The passed: ['build'] constraint ensures that only artifacts that have passed the build job are deployed.

Pipeline with deploy-to-test job
The pipeline with a deploy-to-test job added

Step 7 — Send an email notification

Add an email resource type and resource, then use on_success and on_failure hooks on the build task to send notifications with the commit details.
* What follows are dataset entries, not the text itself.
-- ===== src/Saga/Run/Coherence.antt =====
-- The step, the order status and the pending compensations always fit together.
use jcool_ecommerce_backend.Base.{
  ℕ, ◌≡◌, ◌≢◌, Bool, true, false, Option, none, some, List, [], ◌∷◌, ◌++◌, arith, Bool-cases, inl,
  inr,
}
use jcool_ecommerce_backend.Order.Status.{OrderStatus}
use jcool_ecommerce_backend.Saga.{
  CheckoutSagaMode, CheckoutStep, CompensationType, CompensationReason, PaymentAuthorization,
  CancelBy, CheckoutSagaState, Expected, CompensationCommand, ReserveOutcome, AuthorizationVerdict,
  CommitOutcome, SettledCaptureOutcome, initial_checkout_saga_state, noop, can_cancel,
  on_try_result, on_authorized, on_authorization_verified, on_commit_result, on_capture_result,
  on_deadline, on_cancel_requested, on_compensation_done, on_late_authorization_context,
}
use jcool_ecommerce_backend.Saga.Run.{Event, react, run_from_induction, run}

abbrev is_dead : OrderStatus → Bool
is_dead OrderStatus.rejected = true
is_dead OrderStatus.failed = true
is_dead OrderStatus.expired = true
is_dead OrderStatus.cancelled = true
is_dead _ = false

abbrev IsDead : Option OrderStatus → Type 0
IsDead none = ⊥
IsDead (some status) = is_dead status ≡ true

-- What the order status says at each step of a run.
abbrev pub StatusFits : CheckoutSagaMode → CheckoutStep → Option OrderStatus → Type 0
StatusFits CheckoutSagaMode.checkout CheckoutStep.reserving o = o ≡ some OrderStatus.reserving
StatusFits CheckoutSagaMode.checkout CheckoutStep.awaiting_auth o = o ≡ some OrderStatus.pending
StatusFits CheckoutSagaMode.checkout CheckoutStep.committing_stock o =
    o ≡ some OrderStatus.confirming
StatusFits CheckoutSagaMode.checkout CheckoutStep.capturing o = o ≡ some OrderStatus.confirming
StatusFits CheckoutSagaMode.checkout CheckoutStep.completed o = o ≡ some OrderStatus.paid
StatusFits CheckoutSagaMode.checkout CheckoutStep.compensating o = IsDead o
StatusFits CheckoutSagaMode.checkout CheckoutStep.compensated o = IsDead o
StatusFits CheckoutSagaMode.late_authorization CheckoutStep.completed o = o ≡ some OrderStatus.paid
StatusFits CheckoutSagaMode.late_authorization CheckoutStep.compensating o =
    o ≢ some OrderStatus.paid
StatusFits CheckoutSagaMode.late_authorization CheckoutStep.compensated o =
    (o ≢ none) × (o ≢ some OrderStatus.paid)
StatusFits CheckoutSagaMode.late_authorization _ o = ⊥

-- Compensations are pending exactly while compensating; a late run starts there with none.
abbrev pub PendingFits :
    CheckoutSagaMode → CheckoutStep → Option OrderStatus → List CompensationCommand → Type 0
PendingFits CheckoutSagaMode.checkout CheckoutStep.compensating o p = p ≢ []
PendingFits CheckoutSagaMode.late_authorization CheckoutStep.compensating none p = p ≡ []
PendingFits CheckoutSagaMode.late_authorization CheckoutStep.compensating (some _) p = p ≢ []
PendingFits _ _ o p = p ≡ []

pub record IsCoherent (s : CheckoutSagaState) : Type 0 where
  pub status_fits : StatusFits s.mode s.step s.order_status
  pub pending_fits : PendingFits s.mode s.step s.order_status s.pending

append-ne {ℓ} : {A : Type ℓ} (xs : List A) (y : A) (ys : List A) → xs ++ y ∷ ys ≢ []
append-ne [] y ys e = cc
append-ne (x ∷ xs) y ys e = cc

module _ (s : CheckoutSagaState) (h : IsCoherent s) where
  on_try_result-IsCoherent : (o : ReserveOutcome) → IsCoherent (on_try_result s o).state
  unfolding on_try_result
  on_try_result-IsCoherent o = ground arith

  on_authorized-IsCoherent :
      (a : PaymentAuthorization) (x : Expected) → IsCoherent (on_authorized s a x).state
  unfolding on_authorized
  on_authorized-IsCoherent a x = ground (
    arith,
    append-ne s.pending
        (record {
          kind = CompensationType.cancel_payment;
          id = s.next_command_id;
          reason = CompensationReason.late_authorization;
        })
        [],
  )

  on_authorization_verified-IsCoherent :
      (a : PaymentAuthorization) (v : AuthorizationVerdict)
      → IsCoherent (on_authorization_verified s a v).state
  unfolding on_authorization_verified
  on_authorization_verified-IsCoherent a v = ground arith

  on_commit_result-IsCoherent : (o : CommitOutcome) → IsCoherent (on_commit_result s o).state
  unfolding on_commit_result
  on_commit_result-IsCoherent o = ground arith

  on_capture_result-IsCoherent :
      (o : SettledCaptureOutcome) → IsCoherent (on_capture_result s o).state
  unfolding on_capture_result
  on_capture_result-IsCoherent o = ground arith

  on_deadline-IsCoherent : IsCoherent (on_deadline s).state
  unfolding on_deadline
  on_deadline-IsCoherent = ground arith

  on_cancel_requested-IsCoherent : (by : CancelBy) → IsCoherent (on_cancel_requested s by).state
  unfolding on_cancel_requested
  on_cancel_requested-IsCoherent by = ground arith

  pub on_compensation_done-IsCoherent : (id : ℕ) → IsCoherent (on_compensation_done s id).state
  unfolding on_compensation_done
  on_compensation_done-IsCoherent id = ground arith

  on_late_authorization_context-IsCoherent :
      (o : Option OrderStatus) → IsCoherent (on_late_authorization_context s o).state
  unfolding on_late_authorization_context
  on_late_authorization_context-IsCoherent o = ground arith

pub react-IsCoherent :
    (x : Expected) (s : CheckoutSagaState) (event : Event)
    → IsCoherent s
    → IsCoherent (react x s event).state
unfolding react
react-IsCoherent x s (Event.try_result o) h = on_try_result-IsCoherent s h o
react-IsCoherent x s (Event.payment_authorized a) h = on_authorized-IsCoherent s h a x
react-IsCoherent x s (Event.authorization_verified a v) h =
    on_authorization_verified-IsCoherent s h a v
react-IsCoherent x s (Event.commit_result o) h = on_commit_result-IsCoherent s h o
react-IsCoherent x s (Event.capture_result o) h = on_capture_result-IsCoherent s h o
react-IsCoherent x s Event.deadline h = on_deadline-IsCoherent s h
react-IsCoherent x s (Event.cancel_requested by) h = elim (Bool-cases (can_cancel s)) [
  | inl allowed ↦ rw allowed (on_cancel_requested-IsCoherent s h by)
  | inr refused ↦ rw refused (unfold noop in h)
]
react-IsCoherent x s (Event.compensation_done id) h = on_compensation_done-IsCoherent s h id
react-IsCoherent x s (Event.late_authorization_context o) h =
    on_late_authorization_context-IsCoherent s h o

pub initial-IsCoherent : (mode : CheckoutSagaMode) → IsCoherent (initial_checkout_saga_state mode)
unfolding initial_checkout_saga_state
initial-IsCoherent CheckoutSagaMode.checkout = ground arith
initial-IsCoherent CheckoutSagaMode.late_authorization = ground arith

-- Whatever happens in whatever order, in either mode: the order status is the one that belongs to
-- the step (a late authorization of a paid order is never compensated), and compensations are
-- pending only while compensating (there is at least one then, except in a late-authorization run
-- that has not read its order yet).
pub run-IsCoherent :
    (x : Expected) (mode : CheckoutSagaMode) (events : List Event)
    → IsCoherent (run x mode events).state
unfolding run
run-IsCoherent x mode events =
    run_from_induction (λ t. IsCoherent t.state) x (λ t event h. react-IsCoherent x t.state event h)
      (record { state = initial_checkout_saga_state mode; commands = [] }) events
      (initial-IsCoherent mode)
The Concourse email resource is an external resource type that requires SMTP configuration.

Step 8 — Deploy the UAA to the production environment

The production deployment job is similar to the test deployment, but with two key differences:

  • passed: ['deploy-to-test'] — ensures only versions that have been deployed to test are eligible
  • No trigger: true — production deployments must be triggered manually
- name: deploy-to-production
  plan:
  - get: uaa-build
    passed: ['deploy-to-test']
  - task: add-manifest-to-uaa-build
    # ... same as deploy-to-test but with production URLs ...
  - put: production_deployment
    params:
      manifest: uaa-build-with-manifest/manifest.yml
Full pipeline with production deployment
The full pipeline: build, deploy to test, and deploy to production. The broken line to production indicates manual triggering.

Note the broken line between the "uaa-build" resource and "deploy-to-production" — this indicates that production deploys must be triggered manually via the Concourse web interface.